C-Language algorithm: Perfecting the K-order Fibonacci sequence of the year

The following is the log replay for the sophomore time:
"The topic extends to the K -order,

kThe order Fibonacci sequence, 1 order (i.e.k=1):1,1,1,1,1,1,1、......

a0=a[1-1]=1,a1=1,a2=1,a3=1,a4=1,a5=1,a6=1 ...

3Order (k=3):0,0,1,1,2,4,7、、、、、

A0=0,a1=0,a2=a[3-1]=1,a3=0+0+1=1,a4=0+1+1=2,a5=1+2+4=7

4Order:0,0,0,1,1,2,4,8, the, -...

a0=0,a1=0,a2=0,a3=a[4-1]=1,a4=1,a5=2,a6=4 ... a[8]=1+2+4+8=15 ...
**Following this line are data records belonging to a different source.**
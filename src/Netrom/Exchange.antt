-- ===== src/Netrom/Exchange.antt =====
-- What one node tells in its broadcasts, another learns.
use mathlib.Core.Path.{subst}
use linuxax.Prelude.{
  ℕ, ◌+◌, ◌*◌, ◌<◌, ◌≡◌, sym, Bool, true, false, List, [], ◌∷◌, ◌++◌, some, map, length, All, arith,
  Bool-cases, Option-cases, some_inj, inl, inr, ◌==◌, ltb, ◌||◌, if◌then◌else◌, same,
}
use linuxax.Ipd.Frame.{◌>>=◌}
use linuxax.Address.Text.{ax25_aton_entry, ax25_ntoa}
use linuxax.Address.Text.Entry.{ax25_aton_entry-length}
use linuxax.Netrom.{NeighLine, NodeLine, Entry, pad}
use linuxax.Netrom.Entries.{FitsMnemonic, FitsEntry, payload}
use linuxax.Netrom.Transmit.{find_neighbour, build_others}
use linuxax.Netrom.Transmit.Told.{entry_of, told, told-passed_over, told-entered}
use linuxax.Netrom.Transmit.Chunks.{message_of, flatten, build_others-Sends}
use linuxax.Netrom.Receive.{NodeRoute, Port, validcallsign, port_quality, receive_nodes}
use linuxax.Netrom.Receive.Learnt.{own_route, learnt, receive_nodes-payload}

-- A line of the nodes whose mnemonic and quality have room in an entry.
pub record FitsLine (n : NodeLine) : Type 0 where
  pub mnemonic : FitsMnemonic n.mnemonic
  pub quality : n.quality < 256

entry_of-FitsEntry :
    (min_obs : ℕ) (neighs : List NeighLine) (n : NodeLine) (e : Entry)
    → FitsLine n
    → entry_of min_obs neighs n ≡ some e
    → FitsEntry e
unfolding entry_of
entry_of-FitsEntry min_obs neighs n e fits is =
    elim (Bool-cases (ltb n.obs_count min_obs || (n.quality == 0))) [
      | inl silent ↦ absurd (let gone = rw silent at is in cc)
      | inr heard ↦ elim (Option-cases (find_neighbour n.neigh_no neighs)) [
        | inl lost ↦ absurd (let gone = rw (heard, lost, ◌>>=◌) at is in cc)
        | inr (neighbour, found) ↦ elim (Option-cases (ax25_aton_entry n.callsign)) [
          | inl bad ↦ absurd (let gone = rw (heard, found, bad, ◌>>=◌) at is in cc)
          | inr (call, read) ↦ elim (Option-cases (ax25_aton_entry neighbour)) [
            | inl bad ↦ absurd (let gone = rw (heard, found, read, bad, ◌>>=◌) at is in cc)
            | inr (best, read') ↦
                subst FitsEntry (some_inj (rw (heard, found, read, read', ◌>>=◌) at is)) (record {
                  callsign = ax25_aton_entry-length n.callsign call read;
                  mnemonic = cut (same n.mnemonic (0x2a ∷ []));
                  best_neighbour = ax25_aton_entry-length neighbour best read';
                  best_quality = fits.quality;
                })
          ]
        ]
      ]
    ]
  where
    cut : (star : Bool) → FitsMnemonic (if star then [] else n.mnemonic)
    cut true = record { plain = tt; few = omega arith }
    cut false = fits.mnemonic

told-FitsEntry :
    (min_obs : ℕ) (neighs : List NeighLine) (ns : List NodeLine)
    → All FitsLine ns
    → All FitsEntry (told min_obs neighs ns)
unfolding told
told-FitsEntry min_obs neighs [] fits = tt
told-FitsEntry min_obs neighs (n ∷ ns) fits =
    let rest = told-FitsEntry min_obs neighs ns fits.1 in
    elim (Option-cases (entry_of min_obs neighs n)) [
      | inl over ↦ rw (told-passed_over min_obs neighs n ns over) rest
      | inr (e, is) ↦
          rw (told-entered min_obs neighs n ns e is)
            (entry_of-FitsEntry min_obs neighs n e fits.0 is, rest)
    ]

All-split {ℓ κ} :
    {A : Type ℓ} (P : A → Type κ) (xs ys : List A) → All P (xs ++ ys) → All P xs × All P ys
All-split P [] ys h = (tt, h)
All-split P (x ∷ xs) ys h = let (l, r) = All-split P xs ys h.1 in ((h.0, l), r)

each_chunk {κ} :
    (P : List Entry → Type κ) (chunks : List (List Entry))
    → ((es : List Entry) → All FitsEntry es → P es)
    → All FitsEntry (flatten chunks)
    → All P chunks
each_chunk P [] f h = tt
each_chunk P (c ∷ cs) f h =
    let (l, r) = All-split FitsEntry c (flatten cs) h in (f c l, each_chunk P cs f r)

-- The nodes that `build_others` tells, in lines whose mnemonics and qualities have room in an entry,
-- are learnt by a station that receives its broadcasts from a valid callsign, with whatever behind
-- them in its buffer, and whose kernel sets every route: `receive_nodes` ends on each of them and
-- asks for a route to the sender, if its alias is valid, and for the routes of the entries up to the
-- first that is not valid, without those that lead back or are too bad. Together the broadcasts have
-- the entries of all lines that are told, in order.
pub receive_nodes-build_others :
    (alias : List ℕ) (min_obs : ℕ) (neighs : List NeighLine) (ns : List NodeLine) (compliant : Bool)
    (my_call : List ℕ) (port : Port) (add_route : List NodeRoute → NodeRoute → Bool) (obs_count : ℕ)
    (neighs' : List NeighLine) (neighbour after : List ℕ)
    → FitsMnemonic alias
    → All FitsLine ns
    → ((asked : List NodeRoute) (r : NodeRoute) → add_route asked r ≡ true)
    → validcallsign neighbour ≡ true
    → (chunks : List (List Entry)) × (build_others alias min_obs neighs ns
        ≡ some (map (message_of alias) chunks))
      × (flatten chunks ≡ told min_obs neighs ns)
      × All
          (λ (es : List Entry).
            receive_nodes compliant my_call add_route port obs_count neighs'
              ((pad alias ++ payload es) ++ after)
              (6 + 21 * length es)
              neighbour
            ≡ some (
                own_route compliant my_call port obs_count neighs' alias neighbour
                ++ learnt compliant my_call port neighbour
                    (port_quality port (ax25_ntoa neighbour) neighs')
                    obs_count
                    es))
          chunks
receive_nodes-build_others alias min_obs neighs ns compliant my_call port add_route obs_count
      neighs' neighbour after named fits sets valid =
    let (chunks, sent, whole, sizes) = build_others-Sends alias min_obs neighs ns in
    (
      chunks,
      sent,
      whole,
      each_chunk _ chunks
          (λ es fit.
            receive_nodes-payload compliant my_call port add_route sets obs_count neighs' alias es
              after neighbour named fit valid)
          (subst (All FitsEntry) (sym whole) (told-FitsEntry min_obs neighs ns fits)),
    )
The problem is generalized and it can be seen that:

k-2 0 ;

Section k-1 the value of the item is 1 ;

Sectionkto the2k-1the value of the item is2of theNThe Second party (also the formerkitems and But at the same time with2of theNThe same as the second-party value);

Section 2k The value after the item is the previous k items and;

Web-based method of ' recursion ', and only correspondence 2 step, not extended to K step, the younger brother also skilled ' recursion ', or continue to use the order method.

c

Status fibonacci (int k, int m, int &f)/*  the value of item m of the K-order Fibonacci sequence f     */{ int a[100],i,y,z=0;     /* defines an array with an element number of 100. */ if (k<=1| | M&LT;0) return error;    /* returns an error warning */ else if (m<k-1) If the input parameter is not canonical f=0;       /* constant equals data segment processing */ else if (m==k-1) f=1; else if (m<=2*k-1) F=pow ( 2,M-K);     /* two-segment processing */ else                   /*k stage processing, time complexity */ { for (y=0;y<k;y++)        /* assigns a value */ a[y]=pow (2,y) to the K array element with a for loop;  for (i=2*k;i<=m;i++)  { &NBSP;A[K]=0;&NBSP;&NBSP;&NBSP;&NBSP;&NBSP;&NBSP;&NBSP;&NBSP;&NBSP;&NBSP;&NBSP;&NBSP;&NBSP;&NBSP;/*A[K] */ for (y=0;y<k;y++)       /* embedded in the For loop body inside the For loop body */ { a[k] Each time the loop is cleared 01 times =a[k]+a[y];        /* K-Item plus */ }   a[z]=a[k];   /* Each move to the value of the smallest element of the eradication, change to the maximum value, do not have to assign a value, save a large amount of time, again added "output A[K] value" can achieve the first m-k and output */  z++;       /*z each time you add 1, make sure to overwrite the smallest item with the largest item of the top K item */  if  (z==k) z=0;  /* when z==k, Z zeroing */  }   f=a[k];      /* output: The value of item m of the K-order Fibonacci sequence number F */ } return  ok;}

The following is an optimized algorithm that has a faster processing time in the Obline judge.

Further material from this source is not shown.